= Ethiopian General Secondary Education Certificate Examination =

National exam in Ethiopia

The Ethiopian General Secondary Education Certificate Examination (EGSECE) is a nationwide exam in Ethiopia that is given to students after final year of secondary school education. Students take EGSECE usually that would eligible to continue eleventh grade or college in preparatory schools. Since 2001, the Ethiopian Secondary Education Certificate is awarded to students who pass the exam.

==Overview==
The Ethiopian General Secondary Education Certificate Examination is conducted annually for evaluation of competency in 10th grade and awards Ethiopian General Secondary Education Certificate for student who pass the exam. The award was started in 2001. Previously, the Ethiopian School Leaving Certificate (ESLC) awarded until 2003 before replaced by the Ethiopian Higher Education Entrance Examination (EHEEE). Students should submit three items before the exam as follows:

1) Transcript with internal scores from the high school.

2) Ethiopian General Secondary Education Certificate (EGSEC, done after grade 10)

3) Ethiopian University Entrance Examination (EUEE) results or Ethiopian Secondary School Leaving Examination

The second phase of secondary education leads to two field branch that students choose one of them: natural and social science branch.
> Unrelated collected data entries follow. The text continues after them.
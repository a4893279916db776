-- ===== src/Lifecycle/Events.antt =====
-- apps/controller/src/jobs/lifecycle.ts: the events of an attempt are numbered without a gap.
use remote_build_orchestrato.Common.{
  ℕ, zero, suc, ◌<◌, ◌≡◌, refl, ap, ◌∙◌, inl, inr, ◌⊎◌, Bool, false, List, [], ◌∷◌, ◌++◌, ok, arith,
  max, ◌==◌, up_to, if◌then◌else◌, Bool-cases, ==_iff,
}
use remote_build_orchestrato.Common.Rows.{has_row}
use mathlib.Core.List.{append-nil}
use remote_build_orchestrato.Lifecycle.{EventRow, Database, JobRow, AttemptRow}
use remote_build_orchestrato.Lifecycle.Writes.{
  greatest, of_attempt, next_event_sequence, create_job_event, record_event, any_row, same_event,
}

abbrev pub sequences : ℕ → List EventRow → List ℕ
sequences attempt [] = []
sequences attempt (e ∷ es) =
    let rest = sequences attempt es in if of_attempt attempt e then e.sequence ∷ rest else rest

-- The events of an attempt have the sequences 1, 2, …, n, in this order.
abbrev pub IsGapless : ℕ → Database → Type 0
IsGapless attempt db = (n : ℕ) × (sequences attempt db.events ≡ up_to n)

abbrev maximum : List ℕ → ℕ
maximum [] = 0
maximum (n ∷ ns) = max n (maximum ns)

greatest-maximum :
    (attempt : ℕ) (es : List EventRow)
    → greatest (of_attempt attempt) EventRow.sequence es ≡ maximum (sequences attempt es)
greatest-maximum attempt [] = refl
greatest-maximum attempt (e ∷ es) = ground (arith, greatest-maximum attempt es)

maximum-append : (ns : List ℕ) (n : ℕ) → maximum (ns ++ n ∷ []) ≡ max (maximum ns) n
maximum-append [] n = omega arith
maximum-append (m ∷ ns) n = omega (arith, maximum-append ns n)

maximum-up_to : (n : ℕ) → maximum (up_to n) ≡ n
maximum-up_to zero = refl
maximum-up_to (suc n) = omega (arith, maximum-append (up_to n) (suc n), maximum-up_to n)

sequences-append :
    (attempt : ℕ) (es : List EventRow) (e : EventRow)
    → sequences attempt (es ++ e ∷ [])
      ≡ sequences attempt es ++ (if of_attempt attempt e then e.sequence ∷ [] else [])
sequences-append attempt [] e = ground arith
sequences-append attempt (x ∷ es) e = ground (arith, sequences-append attempt es e)

-- The next sequence is no row's.
fresh_sequence :
    (e : EventRow) (es : List EventRow)
    → greatest (of_attempt e.attempt_id) EventRow.sequence es < e.sequence
    → any_row (same_event e) es ≡ false
fresh_sequence e [] h = refl
fresh_sequence e (x ∷ es) h = ground (arith, fresh_sequence e es)

-- Why an event is refused: its schema, its job or its attempt.
abbrev pub Refused : Database → Bool → EventRow → Type 0
Refused db parses e =
    (parses ≡ false)
    ⊎ ((has_row JobRow.id e.job_id db.jobs ≡ false)
        ⊎ (has_row AttemptRow.id e.attempt_id db.attempts ≡ false))

written-sequences :
    (db : Database) (type job attempt now other : ℕ)
    → IsGapless other db
    → IsGapless other
        (record db { events = db.events ++ create_job_event db type job attempt now ∷ [] })
unfolding next_event_sequence
written-sequences db type job attempt now other (n, h) =
    let e = create_job_event db type job attempt now in
    let grown = sequences-append other db.events e in
    elim (Bool-cases (attempt == other)) [
      | inl same ↦
          let at : attempt ≡ other = (==_iff attempt other).0 same in
          let number : greatest (of_attempt attempt) EventRow.sequence db.events ≡ n =
            ap (λ a. greatest (of_attempt a) EventRow.sequence db.events) at
            ∙ greatest-maximum other db.events
            ∙ ap maximum h
            ∙ maximum-up_to n in
          let next : e.sequence ≡ suc n = omega (arith, number) in
          (suc n, ground (arith, grown, next))
      | inr apart ↦ (n, ground (arith, grown, append-nil (sequences other db.events)))
    ]

-- An event that is written keeps the events of every attempt numbered 1, 2, … with no gap and no
-- repetition. It is written unless its schema refuses it or its job or attempt is missing, and then
-- nothing is.
record_event-IsGapless :
    (db : Database) (parses : Bool) (type job attempt now other : ℕ)
    → IsGapless other db
    → let e = create_job_event db type job attempt now in
      let (after, result) = record_event db parses e in
      IsGapless other after × ((result ≡ ok e) ⊎ (Refused db parses e × (after ≡ db)))
unfolding record_event next_event_sequence
record_event-IsGapless db parses type job attempt now other h =
    let e = create_job_event db type job attempt now in
    let fresh : any_row (same_event e) db.events ≡ false =
      fresh_sequence e db.events (omega arith) in
    elim (Bool-cases parses) [
      | inr bad ↦ rw bad (h, inr (inl refl, refl))
      | inl good ↦ elim (Bool-cases (has_row JobRow.id job db.jobs)) [
        | inr no_job ↦ rw (good, no_job) (h, inr (inr (inl refl), refl))
        | inl has_job ↦ elim (Bool-cases (has_row AttemptRow.id attempt db.attempts)) [
          | inr no_attempt ↦ rw (good, has_job, no_attempt) (h, inr (inr (inr refl), refl))
          | inl has_attempt ↦
              rw (good, has_job, has_attempt, fresh)
                (written-sequences db type job attempt now other h, inl refl)
        ]
      ]
    ]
Fields in the Natural Science includes Biology, Chemistry, Mathematics, Physics, while Geography, Social Studies, history in the Social Science. The other general subjects are mandatory to both streams such as English, Physical Education and national and foreign language subjects.
And it's scored out of 600 for both natural and social stream

== Recent problems ==

Since 2021, the grade 12 leaving examination has experienced serious catastrophe where many students unprecedentedly scored poor result. In 2022, 896,520 students that consist of 3.3% portion scored 50% and above, which is minimum requirement to enter higher education. The percentile of students who pass the exam reduced to 3.2% in 2023 with 845,099 students.